As explained in our October 2013 post “What evaluations do we review?” we have looked for evaluation reports in English that meet certain criteria. Our search started on 23 September 2013. We used a three-pronged strategy: (1) web-based search (“web search”), (2) communication with contacts in the fields of VAWG and evaluation, and snowballing via these contacts (“snowballing”) and (3) specialised web-based networks (“DFID and helpdesk”). In addition to evaluation reports, we identified meta-evaluations and specialised publications on “best practices” to end VAWG, as well as literature on evaluation quality and effectiveness.

For the web search, we used combinations of the terms “evaluation”, “review”, “assessment”, “best practice” and 38 terms closely related to violence against women and girls and work to end VAWG, such as “violence against women”, “gender-based violence”, “forced sexual initiation”, “forced marriage”, “human trafficking”, “masculinities”. The web search yielded many duplicates and triplicates, i.e. it reached a high degree of saturation which could be expected in view of the overlaps between these terms.

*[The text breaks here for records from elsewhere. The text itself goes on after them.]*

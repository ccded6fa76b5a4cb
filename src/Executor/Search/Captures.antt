-- ===== src/Executor/Search/Captures.antt =====
-- The captures of a finished search of src/executor.rs, one at a time and together.
use perex.Base.{
  ℕ, zero, suc, ◌-◌, ◌+◌, ◌*◌, ◌≤◌, ◌<◌, ◌≡◌, refl, sym, ap, ◌∙◌, arith, List, [], ◌∷◌, ◌++◌,
  Option, none, some,
}
use perex.Base.{
  get_elem?, get_elem?-some, get_elem?-drop, drop-drop, get_elem?-append_right, drop, length, ret,
  le→ltb, lt→leb,
}
use perex.Span.{Span}
use perex.Executor.Monad.{ok}
use perex.Executor.Search.{
  Search, capture_count, require_match, capture, copy_match_registers, copy_captures, span_of,
  spans_from,
}

-- The spans of `n` captures from `i` on, as `capture` gives them.
pub record Copied (s : Search) (output out : List (Option Span)) (count : ℕ) : Type 0 where
  pub each :
      (i : ℕ)
      → i < count
      → (span : Option Span) × (get_elem? out i ≡ some span) × (capture s i ≡ ret (ok span))
  pub others : (i : ℕ) → count ≤ i → get_elem? out i ≡ get_elem? output i

-- What the registers have of a capture, and its span.
abbrev Spans : List ℕ → ℕ → List (Option Span) → ℕ → Type 0
Spans rs i spans j =
    (lo hi : ℕ) × (get_elem? rs ((i + j) * 2) ≡ some lo)
    × (get_elem? rs ((i + j) * 2 + 1) ≡ some hi)
    × (get_elem? spans j ≡ some (span_of lo hi))

Spans-cons :
    (rs : List ℕ) (i n lo hi : ℕ) (spans : List (Option Span))
    → get_elem? rs (i * 2) ≡ some lo
    → get_elem? rs (i * 2 + 1) ≡ some hi
    → ((j : ℕ) → j < n → Spans rs (suc i) spans j)
    → (j : ℕ) → j < suc n
    → Spans rs i (span_of lo hi ∷ spans) j
Spans-cons rs i n lo hi spans a b g zero k =
    let z : (i + zero) * 2 ≡ i * 2 = omega arith in (lo, hi, (rw z a), (rw z b), refl)
Spans-cons rs i n lo hi spans a b g (suc j) k =
    let z : (i + suc j) * 2 ≡ (suc i + j) * 2 = omega arith in
    let (x, y, p, q, r) = g j (omega arith) in (x, y, (rw z p), (rw z q), r)

spans_from-each :
    (rs : List ℕ) (i n : ℕ)
    → (i + n) * 2 ≤ length rs
    → (spans : List (Option Span)) × (spans_from rs i n ≡ ret spans)
      × (length spans ≡ n)
      × ((j : ℕ) → j < n → Spans rs i spans j)
unfolding spans_from
spans_from-each rs i zero h = ([], refl, refl, λ j k. absurd (omega arith))
spans_from-each rs i (suc n) h =
    let (lo, a) = get_elem?-some rs (i * 2) (omega arith) in
    let (hi, b) = get_elem?-some rs (i * 2 + 1) (omega arith) in
    let (spans, e, l, g) = spans_from-each rs (suc i) n (omega arith) in
    (
      span_of lo hi ∷ spans,
      (rw (a, b, e) refl),
      omega (arith, l),
      Spans-cons rs i n lo hi spans a b g,
    )

get_elem?-append_left :
    {A : Type 0} (xs ys : List A) (i : ℕ) {x : A}
    → get_elem? xs i ≡ some x
    → get_elem? (xs ++ ys) i ≡ some x
get_elem?-append_left [] ys i h = cc
get_elem?-append_left (x ∷ xs) ys zero h = h
get_elem?-append_left (x ∷ xs) ys (suc i) h = get_elem?-append_left xs ys i h

get_elem?-drop_add :
    {A : Type 0} (xs : List A) (c k : ℕ) → get_elem? (drop c xs) k ≡ get_elem? xs (c + k)
get_elem?-drop_add xs c k =
    get_elem?-drop (drop c xs) k
    ∙ ap (λ ys. get_elem? ys 0) (sym (drop-drop c k xs))
    ∙ sym (get_elem?-drop xs (c + k))

get_elem?-others :
    {A : Type 0} (xs ys : List A) (c i : ℕ)
    → length xs ≡ c
    → c ≤ i
    → get_elem? (xs ++ drop c ys) i ≡ get_elem? ys i
get_elem?-others xs ys c i n h =
    let z : length xs + (i - c) ≡ i = omega arith in
    let w : c + (i - c) ≡ i = omega arith in
    ap (λ j. get_elem? (xs ++ drop c ys) j) (sym z)
    ∙ get_elem?-append_right xs (drop c ys) (i - c)
    ∙ get_elem?-drop_add ys c (i - c)
    ∙ ap (λ j. get_elem? ys j) w

capture-span_of :
    (s : Search) (count i lo hi : ℕ)
    → capture_count s ≡ ret count
    → require_match s ≡ none
    → i < count
    → get_elem? s.buffers.registers (i * 2) ≡ some lo
    → get_elem? s.buffers.registers (i * 2 + 1) ≡ some hi
    → capture s i ≡ ret (ok (span_of lo hi))
unfolding capture
capture-span_of s count i lo hi c m k p q = rw (m, capture) rw (c, lt→leb count i k, p, q) refl

-- After a match whose registers are all there, `copy_captures` into an output that is long enough
-- succeeds: each of its first places has what `capture` gives for that index, and the other places are
-- what they were.
pub copy_captures-Copied :
    (s : Search) (output : List (Option Span)) (count : ℕ)
    → capture_count s ≡ ret count
    → require_match s ≡ none
    → count * 2 ≤ length s.buffers.registers
    → count ≤ length output
    → (out : List (Option Span)) × (copy_captures s output ≡ ret (ok out))
      × Copied s output out count
unfolding copy_captures copy_match_registers
copy_captures-Copied s output count c m l h =
    let rs : List ℕ = s.buffers.registers in
    let (spans, e, n, g) = spans_from-each rs 0 count (omega arith) in
    (
      spans ++ drop count output,
      (rw (c, le→ltb (length output) count h, m) rw
          (le→ltb (length output) count h, le→ltb (length rs) (count * 2) l, e) refl),
      record {
        each = λ i k.
            let (lo, hi, p, q, r) = g i k in
            let z : i * 2 ≡ (0 + i) * 2 = omega arith in
            (
              span_of lo hi,
              get_elem?-append_left spans (drop count output) i r,
              capture-span_of s count i lo hi c m k (rw z p) (rw z q),
            );
        others = λ i k. get_elem?-others spans output count i n k;
      },
    )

However, focussing on the web search would have yielded incomplete results. As shown in the figure below, 84 per cent of the evaluation reports that we identified came from a single source, i.e. either from web-search, direct communication with our networks or snowballing.

This confirms that it was a good idea to combine three search methods. We have been particularly impressed by the effects of our snowballing action. It was initiated through two channels – (i) direct contact to evaluation and VAWG specialists known by DFID and the Review team, and (ii) publication of our call for evaluation reports on the following list servers and social web sites: Platform for Evidence-Based Learning list server (PELICAN), professional groups on LinkedIn (AEA, Evaluations and Development), Michaela’s Facebook and Twitter accounts, and our blogs and, after registration of the new domain,

Sending out e-mails yielded an excellent response. Examining the messages received within three weeks from our call, we counted some 175 persons who had received the call by e-mail (as direct addressees or in copy). The actual number is probably higher, as we cannot assume that we have been copied into all e-mail correspondence. The interest raised by social web posts was considerable: (Michaela’s blog) registered a peak of 270 page views on the day our call for evaluation proposals was posted on the above-mentioned platforms (as compared to about 40-120/day in “normal” times).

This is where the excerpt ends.